▶ [Requirement] In the material below, find each line with the string "Records" and copy it.

▶ [Material for the task]
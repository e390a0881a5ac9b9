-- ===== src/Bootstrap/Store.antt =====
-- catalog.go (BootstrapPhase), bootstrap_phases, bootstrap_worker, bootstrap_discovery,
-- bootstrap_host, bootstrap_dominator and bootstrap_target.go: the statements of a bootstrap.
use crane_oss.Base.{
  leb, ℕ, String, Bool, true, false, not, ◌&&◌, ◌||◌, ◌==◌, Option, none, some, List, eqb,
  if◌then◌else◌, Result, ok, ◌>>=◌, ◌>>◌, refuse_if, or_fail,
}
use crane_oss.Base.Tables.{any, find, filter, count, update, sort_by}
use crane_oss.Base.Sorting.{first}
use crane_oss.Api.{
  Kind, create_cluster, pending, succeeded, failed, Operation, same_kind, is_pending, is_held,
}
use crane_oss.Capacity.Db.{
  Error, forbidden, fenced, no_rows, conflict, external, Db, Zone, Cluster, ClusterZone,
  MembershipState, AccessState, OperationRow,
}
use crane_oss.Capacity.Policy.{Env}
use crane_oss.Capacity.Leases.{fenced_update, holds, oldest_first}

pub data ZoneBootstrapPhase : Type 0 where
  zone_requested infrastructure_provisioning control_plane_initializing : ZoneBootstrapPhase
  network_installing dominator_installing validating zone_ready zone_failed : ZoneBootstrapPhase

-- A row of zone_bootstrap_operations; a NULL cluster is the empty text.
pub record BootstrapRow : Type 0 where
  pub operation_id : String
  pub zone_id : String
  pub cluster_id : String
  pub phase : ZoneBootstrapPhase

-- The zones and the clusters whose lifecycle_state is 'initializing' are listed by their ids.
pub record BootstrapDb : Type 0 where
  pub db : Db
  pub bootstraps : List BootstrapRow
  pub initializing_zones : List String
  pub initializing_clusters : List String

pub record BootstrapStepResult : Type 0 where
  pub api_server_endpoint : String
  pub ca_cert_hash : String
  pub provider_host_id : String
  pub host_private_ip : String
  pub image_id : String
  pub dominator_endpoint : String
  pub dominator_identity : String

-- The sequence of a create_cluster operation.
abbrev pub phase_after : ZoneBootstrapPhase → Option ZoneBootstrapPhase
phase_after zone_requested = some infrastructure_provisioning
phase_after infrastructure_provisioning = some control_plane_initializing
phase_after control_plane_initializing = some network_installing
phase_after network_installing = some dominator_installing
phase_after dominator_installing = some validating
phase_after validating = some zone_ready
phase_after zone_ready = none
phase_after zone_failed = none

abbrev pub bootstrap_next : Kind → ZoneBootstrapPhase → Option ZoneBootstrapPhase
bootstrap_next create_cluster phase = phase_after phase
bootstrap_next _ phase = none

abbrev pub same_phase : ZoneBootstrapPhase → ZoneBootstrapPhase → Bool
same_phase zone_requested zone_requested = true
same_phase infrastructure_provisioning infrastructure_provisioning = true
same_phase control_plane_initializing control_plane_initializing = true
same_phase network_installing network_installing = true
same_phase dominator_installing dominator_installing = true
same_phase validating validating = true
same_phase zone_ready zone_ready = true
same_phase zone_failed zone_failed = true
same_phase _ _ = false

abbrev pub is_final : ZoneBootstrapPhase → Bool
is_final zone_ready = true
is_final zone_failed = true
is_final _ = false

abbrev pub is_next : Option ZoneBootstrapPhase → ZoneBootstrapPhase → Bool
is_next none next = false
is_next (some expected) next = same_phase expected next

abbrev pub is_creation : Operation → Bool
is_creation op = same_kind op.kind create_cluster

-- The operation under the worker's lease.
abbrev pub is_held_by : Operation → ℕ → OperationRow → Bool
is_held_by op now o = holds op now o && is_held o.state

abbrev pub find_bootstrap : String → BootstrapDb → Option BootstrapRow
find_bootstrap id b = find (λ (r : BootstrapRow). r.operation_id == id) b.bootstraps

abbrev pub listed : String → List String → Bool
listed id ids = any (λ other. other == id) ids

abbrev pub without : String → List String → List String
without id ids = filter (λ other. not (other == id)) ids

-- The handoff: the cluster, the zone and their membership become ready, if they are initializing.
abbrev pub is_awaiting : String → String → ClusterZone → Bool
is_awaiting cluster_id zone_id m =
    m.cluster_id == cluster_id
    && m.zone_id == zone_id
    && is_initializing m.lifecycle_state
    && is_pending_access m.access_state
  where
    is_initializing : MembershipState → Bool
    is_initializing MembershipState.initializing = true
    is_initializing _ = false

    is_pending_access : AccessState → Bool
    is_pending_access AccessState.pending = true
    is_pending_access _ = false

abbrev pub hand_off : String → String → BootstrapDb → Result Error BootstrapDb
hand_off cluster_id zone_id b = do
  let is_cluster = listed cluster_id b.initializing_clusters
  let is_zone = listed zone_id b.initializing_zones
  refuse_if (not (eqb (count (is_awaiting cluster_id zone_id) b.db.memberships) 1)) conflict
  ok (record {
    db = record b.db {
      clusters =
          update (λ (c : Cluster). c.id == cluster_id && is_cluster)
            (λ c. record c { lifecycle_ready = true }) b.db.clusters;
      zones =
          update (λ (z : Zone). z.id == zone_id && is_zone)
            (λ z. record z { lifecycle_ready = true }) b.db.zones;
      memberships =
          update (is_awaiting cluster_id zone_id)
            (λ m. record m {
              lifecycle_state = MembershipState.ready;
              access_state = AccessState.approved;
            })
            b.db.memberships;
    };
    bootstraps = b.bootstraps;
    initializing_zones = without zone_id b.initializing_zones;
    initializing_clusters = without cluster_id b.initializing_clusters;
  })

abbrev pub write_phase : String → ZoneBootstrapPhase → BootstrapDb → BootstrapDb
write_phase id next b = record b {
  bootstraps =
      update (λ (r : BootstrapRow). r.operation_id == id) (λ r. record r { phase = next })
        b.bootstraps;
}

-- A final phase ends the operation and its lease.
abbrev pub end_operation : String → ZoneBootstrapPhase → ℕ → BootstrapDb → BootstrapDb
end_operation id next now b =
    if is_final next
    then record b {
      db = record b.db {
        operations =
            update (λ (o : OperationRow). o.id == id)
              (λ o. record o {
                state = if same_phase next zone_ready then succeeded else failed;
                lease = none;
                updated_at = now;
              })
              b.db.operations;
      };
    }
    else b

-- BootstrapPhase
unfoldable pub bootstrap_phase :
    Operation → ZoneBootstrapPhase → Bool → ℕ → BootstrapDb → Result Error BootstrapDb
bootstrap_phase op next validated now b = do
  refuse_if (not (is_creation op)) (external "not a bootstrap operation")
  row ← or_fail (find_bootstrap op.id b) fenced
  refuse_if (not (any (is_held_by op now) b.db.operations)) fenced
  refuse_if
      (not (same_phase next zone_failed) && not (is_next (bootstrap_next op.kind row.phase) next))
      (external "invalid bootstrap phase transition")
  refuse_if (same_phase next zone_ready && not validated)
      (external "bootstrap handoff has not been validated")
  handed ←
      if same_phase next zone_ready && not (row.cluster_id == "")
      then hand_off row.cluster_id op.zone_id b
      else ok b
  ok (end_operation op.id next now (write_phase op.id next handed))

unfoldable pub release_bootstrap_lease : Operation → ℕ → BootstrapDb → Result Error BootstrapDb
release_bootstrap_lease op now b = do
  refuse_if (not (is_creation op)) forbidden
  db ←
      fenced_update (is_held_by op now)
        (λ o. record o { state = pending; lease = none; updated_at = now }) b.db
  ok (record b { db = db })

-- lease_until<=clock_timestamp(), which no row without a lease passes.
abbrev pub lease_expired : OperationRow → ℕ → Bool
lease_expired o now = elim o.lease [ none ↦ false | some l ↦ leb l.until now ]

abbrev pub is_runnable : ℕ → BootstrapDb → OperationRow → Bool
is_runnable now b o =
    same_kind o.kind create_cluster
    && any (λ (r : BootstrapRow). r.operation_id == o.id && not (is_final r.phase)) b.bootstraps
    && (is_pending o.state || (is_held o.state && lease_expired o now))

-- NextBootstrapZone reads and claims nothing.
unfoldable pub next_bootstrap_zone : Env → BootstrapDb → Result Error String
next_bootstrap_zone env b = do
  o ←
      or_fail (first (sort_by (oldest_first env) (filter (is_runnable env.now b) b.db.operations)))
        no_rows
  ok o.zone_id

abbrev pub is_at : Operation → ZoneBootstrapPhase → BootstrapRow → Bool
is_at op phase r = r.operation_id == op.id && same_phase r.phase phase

--

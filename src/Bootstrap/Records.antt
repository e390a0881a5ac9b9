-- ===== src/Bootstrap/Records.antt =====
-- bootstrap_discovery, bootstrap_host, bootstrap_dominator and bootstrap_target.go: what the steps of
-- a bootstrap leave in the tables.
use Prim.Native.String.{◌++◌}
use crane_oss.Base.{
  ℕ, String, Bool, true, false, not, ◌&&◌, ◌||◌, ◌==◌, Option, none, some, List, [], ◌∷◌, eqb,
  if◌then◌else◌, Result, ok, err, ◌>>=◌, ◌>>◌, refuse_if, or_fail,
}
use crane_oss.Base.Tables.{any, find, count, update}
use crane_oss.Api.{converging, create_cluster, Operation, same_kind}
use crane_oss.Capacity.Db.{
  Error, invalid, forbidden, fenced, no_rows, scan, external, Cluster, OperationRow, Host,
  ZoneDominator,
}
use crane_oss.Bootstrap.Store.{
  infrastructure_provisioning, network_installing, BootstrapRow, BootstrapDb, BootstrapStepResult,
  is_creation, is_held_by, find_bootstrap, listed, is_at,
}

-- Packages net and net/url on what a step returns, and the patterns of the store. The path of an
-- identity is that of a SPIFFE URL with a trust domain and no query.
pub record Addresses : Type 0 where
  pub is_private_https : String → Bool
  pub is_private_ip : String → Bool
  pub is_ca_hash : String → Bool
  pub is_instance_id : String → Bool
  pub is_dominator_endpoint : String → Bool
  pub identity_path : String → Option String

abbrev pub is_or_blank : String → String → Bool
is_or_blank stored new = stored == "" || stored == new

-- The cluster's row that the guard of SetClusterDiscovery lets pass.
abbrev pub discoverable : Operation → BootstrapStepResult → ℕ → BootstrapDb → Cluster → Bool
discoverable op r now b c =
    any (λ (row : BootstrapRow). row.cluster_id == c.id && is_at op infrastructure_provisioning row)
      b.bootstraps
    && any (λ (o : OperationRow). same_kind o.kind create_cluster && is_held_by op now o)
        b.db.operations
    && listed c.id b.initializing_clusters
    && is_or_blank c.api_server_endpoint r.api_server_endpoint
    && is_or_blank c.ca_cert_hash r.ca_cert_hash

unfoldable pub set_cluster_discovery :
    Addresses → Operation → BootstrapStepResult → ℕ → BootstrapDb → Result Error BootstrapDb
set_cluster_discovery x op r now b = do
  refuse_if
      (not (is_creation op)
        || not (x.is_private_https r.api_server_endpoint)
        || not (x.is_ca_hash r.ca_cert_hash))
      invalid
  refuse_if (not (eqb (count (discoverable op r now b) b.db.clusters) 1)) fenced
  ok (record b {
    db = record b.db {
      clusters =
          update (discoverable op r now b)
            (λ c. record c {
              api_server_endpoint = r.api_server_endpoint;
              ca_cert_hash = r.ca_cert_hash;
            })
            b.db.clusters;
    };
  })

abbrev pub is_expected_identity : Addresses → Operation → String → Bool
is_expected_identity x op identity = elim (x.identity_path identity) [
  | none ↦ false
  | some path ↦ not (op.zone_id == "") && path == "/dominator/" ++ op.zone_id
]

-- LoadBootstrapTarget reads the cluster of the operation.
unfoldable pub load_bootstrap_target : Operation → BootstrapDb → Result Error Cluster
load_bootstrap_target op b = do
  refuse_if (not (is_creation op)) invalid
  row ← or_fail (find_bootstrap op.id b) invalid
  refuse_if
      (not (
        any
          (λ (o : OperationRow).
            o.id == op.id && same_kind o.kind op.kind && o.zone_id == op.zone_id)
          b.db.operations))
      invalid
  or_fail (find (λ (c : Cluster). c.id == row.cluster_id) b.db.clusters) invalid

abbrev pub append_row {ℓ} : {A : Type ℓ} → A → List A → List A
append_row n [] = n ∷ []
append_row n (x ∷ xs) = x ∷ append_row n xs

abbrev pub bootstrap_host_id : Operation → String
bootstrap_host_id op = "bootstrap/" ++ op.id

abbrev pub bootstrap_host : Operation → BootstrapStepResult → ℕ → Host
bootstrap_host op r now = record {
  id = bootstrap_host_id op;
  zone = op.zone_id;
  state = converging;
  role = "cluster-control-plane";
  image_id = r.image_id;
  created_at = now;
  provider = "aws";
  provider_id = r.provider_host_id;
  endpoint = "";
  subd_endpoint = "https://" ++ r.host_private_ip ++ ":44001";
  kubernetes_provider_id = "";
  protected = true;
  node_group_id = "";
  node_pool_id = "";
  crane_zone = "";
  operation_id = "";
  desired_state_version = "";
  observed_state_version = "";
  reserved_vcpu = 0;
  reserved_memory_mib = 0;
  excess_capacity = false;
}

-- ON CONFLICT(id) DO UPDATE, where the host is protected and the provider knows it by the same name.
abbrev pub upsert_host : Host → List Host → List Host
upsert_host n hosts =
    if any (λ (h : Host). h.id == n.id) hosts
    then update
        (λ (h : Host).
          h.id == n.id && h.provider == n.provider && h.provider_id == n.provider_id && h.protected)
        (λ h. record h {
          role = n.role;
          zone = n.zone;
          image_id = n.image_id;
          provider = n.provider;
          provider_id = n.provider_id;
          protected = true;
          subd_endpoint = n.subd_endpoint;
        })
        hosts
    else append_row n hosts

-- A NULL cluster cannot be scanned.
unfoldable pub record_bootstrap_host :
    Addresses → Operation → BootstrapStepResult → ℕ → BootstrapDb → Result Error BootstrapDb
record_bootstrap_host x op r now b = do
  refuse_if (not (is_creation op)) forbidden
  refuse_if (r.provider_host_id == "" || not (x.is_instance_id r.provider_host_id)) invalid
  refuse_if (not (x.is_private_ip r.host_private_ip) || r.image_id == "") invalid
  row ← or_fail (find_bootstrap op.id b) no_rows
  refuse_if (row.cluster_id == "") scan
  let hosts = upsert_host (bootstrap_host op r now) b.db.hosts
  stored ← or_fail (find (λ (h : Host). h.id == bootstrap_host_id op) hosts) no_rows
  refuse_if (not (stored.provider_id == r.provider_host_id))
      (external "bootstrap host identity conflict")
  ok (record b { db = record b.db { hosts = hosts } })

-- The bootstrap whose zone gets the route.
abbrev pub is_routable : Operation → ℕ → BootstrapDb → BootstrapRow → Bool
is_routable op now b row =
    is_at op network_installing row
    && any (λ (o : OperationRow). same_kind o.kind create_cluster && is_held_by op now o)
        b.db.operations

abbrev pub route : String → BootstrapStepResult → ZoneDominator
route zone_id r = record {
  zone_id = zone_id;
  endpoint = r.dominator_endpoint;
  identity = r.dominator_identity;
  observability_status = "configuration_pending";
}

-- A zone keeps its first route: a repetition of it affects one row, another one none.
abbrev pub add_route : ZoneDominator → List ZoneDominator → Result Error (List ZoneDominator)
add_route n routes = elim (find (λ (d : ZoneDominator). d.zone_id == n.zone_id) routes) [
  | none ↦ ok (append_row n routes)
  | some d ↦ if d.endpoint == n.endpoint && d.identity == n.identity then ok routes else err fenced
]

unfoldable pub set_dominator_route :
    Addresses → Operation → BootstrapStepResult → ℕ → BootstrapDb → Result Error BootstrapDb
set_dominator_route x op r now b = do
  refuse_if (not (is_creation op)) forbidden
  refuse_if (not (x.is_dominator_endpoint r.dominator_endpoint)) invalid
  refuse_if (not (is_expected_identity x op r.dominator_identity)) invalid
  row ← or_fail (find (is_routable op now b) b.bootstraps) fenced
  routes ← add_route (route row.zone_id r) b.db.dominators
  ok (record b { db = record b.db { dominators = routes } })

▶ [Finished task]
filename src/Bootstrap/Records.antt
-- ===== src/Bootstrap/Records.antt =====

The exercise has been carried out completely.